Task directions: For each line of the listing that includes the word "canonical", show the whole line.

Material provided:
┄┄┄┄┄┄

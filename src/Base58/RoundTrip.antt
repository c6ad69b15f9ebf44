-- ===== src/Base58/RoundTrip.antt =====
-- `base58_encode` succeeds, and `base58_decode` reads back what it writes.
use mathlib.Core.List.{map, map-append}
use chain_wallet.Common.{
  ℕ, zero, suc, ◌+◌, ◌-◌, ◌*◌, ◌≤◌, ◌≡◌, ◌≢◌, refl, sym, ap, ◌∙◌, some, [], ◌∷◌, ◌++◌, Bytes,
  IsBytes, length-replicate, All-append, length, length-append, length-zeros, length-map, replicate,
  zeros, arith,
}
use chain_wallet.Base58.{letter, strip, put_ones, encode, take_zeros, decode}
use chain_wallet.Base58.Value.{value, Below}
use chain_wallet.Base58.Encode.{rounds-le, rounds, encode_loop-total}
use chain_wallet.Base58.Decode.{indexes-letters, decode_loop-total}
use chain_wallet.Base58.Strip.{
  strip-letters, count_zeros-zeros, zeros-Below, le-value, strip-Stripped, strip-canonical,
}

letters-ones : (z : ℕ) → map letter (zeros z) ≡ replicate z b'1'
unfolding letter
letters-ones zero = refl
letters-ones (suc z) = ap (λ t. b'1' ∷ t) (letters-ones z)

-- What `base58_encode` writes for bytes with `z` zeros in front: `z` ones and the letters of digits
-- that stand for the same number, the first of them not 0.
pub record Text (z b : ℕ) (p : Bytes) : Type 0 where
  pub first : ℕ
  pub others : Bytes
  pub nonzero : first ≢ 0
  pub digits : Below 58 (first ∷ others)
  pub number : value 58 0 (first ∷ others) ≡ value 256 0 (b ∷ p)
  pub written : encode (zeros z ++ b ∷ p) ≡ some (replicate z b'1' ++ map letter (first ∷ others))

put_ones_fits :
    (room z : ℕ) (t : Bytes)
    → z + length t ≤ room
    → put_ones room z t ≡ some (replicate z b'1' ++ t)
unfolding put_ones
put_ones_fits room z t h = ground arith

pub encode-Text : (z b : ℕ) (p : Bytes) → b ≢ 0 → Below 256 (b ∷ p) → Text z b p
unfolding encode
encode-Text z b p nz hb =
    let n = length (zeros z ++ b ∷ p) * 2 in
    let long : length (zeros z ++ b ∷ p) ≡ z + suc (length p) =
      omega (arith, length-append (zeros z) (b ∷ p), length-zeros z) in
    let (ds, e, enc) = encode_loop-total n (b ∷ p) [] hb tt (omega (arith, rounds-le (b ∷ p))) in
    let positive : value 58 0 ds ≢ 0 = λ v. omega (arith, enc.same, le-value (0 * 256 + b) p) in
    let (d, t, s) = strip-Stripped ds enc.digits positive in
    let stripped : strip b'1' (map letter ds) ≡ map letter (d ∷ t) =
      strip-letters ds enc.digits ∙ ap (map letter) s.same in
    let shorter : length (d ∷ t) ≤ length ds = s.shorter in
    let grown : length ds ≤ 0 + rounds (b ∷ p) = enc.grown in
    let half : rounds (b ∷ p) ≤ 2 * length (b ∷ p) = rounds-le (b ∷ p) in
    let letters : length (map letter (d ∷ t)) ≡ length (d ∷ t) = length-map letter (d ∷ t) in
    record {
      first = d;
      others = t;
      nonzero = s.nonzero;
      digits = s.digits;
      number = s.number ∙ enc.same;
      written =
          rw (count_zeros-zeros z b p nz, e, stripped)
            (put_ones_fits n z (map letter (d ∷ t)) (omega arith));
    }

take_zeros_fits : (z k : ℕ) (t : Bytes) → z ≤ k → take_zeros z k t ≡ some (zeros z ++ t)
unfolding take_zeros
take_zeros_fits z k t h = ground arith

-- Reading the text of digits whose first is not 0, behind `z` ones.
decode-letters :
    (z b d : ℕ) (p t : Bytes)
    → b ≢ 0
    → d ≢ 0
    → Below 256 (b ∷ p)
    → Below 58 (d ∷ t)
    → value 58 0 (d ∷ t) ≡ value 256 0 (b ∷ p)
    → z ≤ length (d ∷ t) - length (b ∷ p)
    → decode (replicate z b'1' ++ map letter (d ∷ t)) ≡ some (zeros z ++ b ∷ p)
unfolding decode
decode-letters z b d p t nz nd hb hd e room =
    let text : replicate z b'1' ++ map letter (d ∷ t) ≡ map letter (zeros z ++ d ∷ t) =
      ap (λ o. o ++ map letter (d ∷ t)) (sym (letters-ones z))
      ∙ sym (map-append letter (zeros z) (d ∷ t)) in
    let found =
      indexes-letters (zeros z ++ d ∷ t)
        (All-append _ (zeros z) (d ∷ t) (zeros-Below 58 z (omega arith)) hd) in
    let n = length (map letter (zeros z ++ d ∷ t)) in
    let fits : length (d ∷ t) ≤ n = omega (
      arith,
      length-map letter (zeros z ++ d ∷ t),
      length-append (zeros z) (d ∷ t),
      length-zeros z,
    ) in
    let (out, run, dec) = decode_loop-total n (d ∷ t) [] hd tt fits in
    let bytes : strip 0 out ≡ b ∷ p = strip-canonical out b p nz dec.bytes hb (dec.same ∙ e) in
    let grown : length out ≡ 0 + length (d ∷ t) = dec.grown in
    rw (text, found, count_zeros-zeros z d t nd, run, bytes)
      (take_zeros_fits z (length out - length (b ∷ p)) (b ∷ p) (omega arith))

-- `base58_encode` succeeds for all bytes with one that is not 0: no access leaves its buffers. Its
-- text is one '1' for each zero in front, and then letters of which the first is no '1' and that
-- spell the number of the bytes in base 58.
pub encode-total :
    (z b : ℕ) (p : Bytes)
    → b ≢ 0
    → IsBytes (b ∷ p)
    → (d : ℕ) × (t : Bytes) × (encode (zeros z ++ b ∷ p)
        ≡ some (replicate z b'1' ++ map letter (d ∷ t)))
      × (d ≢ 0)
      × Below 58 (d ∷ t)
      × (value 58 0 (d ∷ t) ≡ value 256 0 (b ∷ p))
encode-total z b p nz hb =
    let t = encode-Text z b p nz hb in (t.first, t.others, t.written, t.nonzero, t.digits, t.number)

-- `base58_decode` reads back what `base58_encode` writes for bytes with one that is not 0, if they
-- have no more zeros in front than the text is longer than they are (as where they have none).
pub decode-encode :
    (z b : ℕ) (p : Bytes) {text : Bytes}
    → b ≢ 0
    → IsBytes (b ∷ p)
    → encode (zeros z ++ b ∷ p) ≡ some text
    → z ≤ length text - length (zeros z ++ b ∷ p)
    → decode text ≡ some (zeros z ++ b ∷ p)
decode-encode z b p {text} nz hb h room =
    let t = encode-Text z b p nz hb in
    let digits = map letter (t.first ∷ t.others) in
    let ones : Bytes = replicate z b'1' in
    let written : encode (zeros z ++ b ∷ p) ≡ some (ones ++ digits) = t.written in
    let same : text ≡ ones ++ digits = cc in
    let long : length ones ≡ z = length-replicate z b'1' in
    let longer : length text ≡ length ones + length digits =
      ap length same ∙ length-append ones digits in
    rw same (
      decode-letters z b t.first p t.others nz t.nonzero hb t.digits t.number (
        omega (
          arith,
          length-map letter (t.first ∷ t.others),
          length-append (zeros z) (b ∷ p),
          length-zeros z,
        )))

┄┄┄┄┄┄

Exercise result:
  strip-letters, count_zeros-zeros, zeros-Below, le-value, strip-Stripped, strip-canonical,
    let bytes : strip 0 out ≡ b ∷ p = strip-canonical out b p nz dec.bytes hb (dec.same ∙ e) in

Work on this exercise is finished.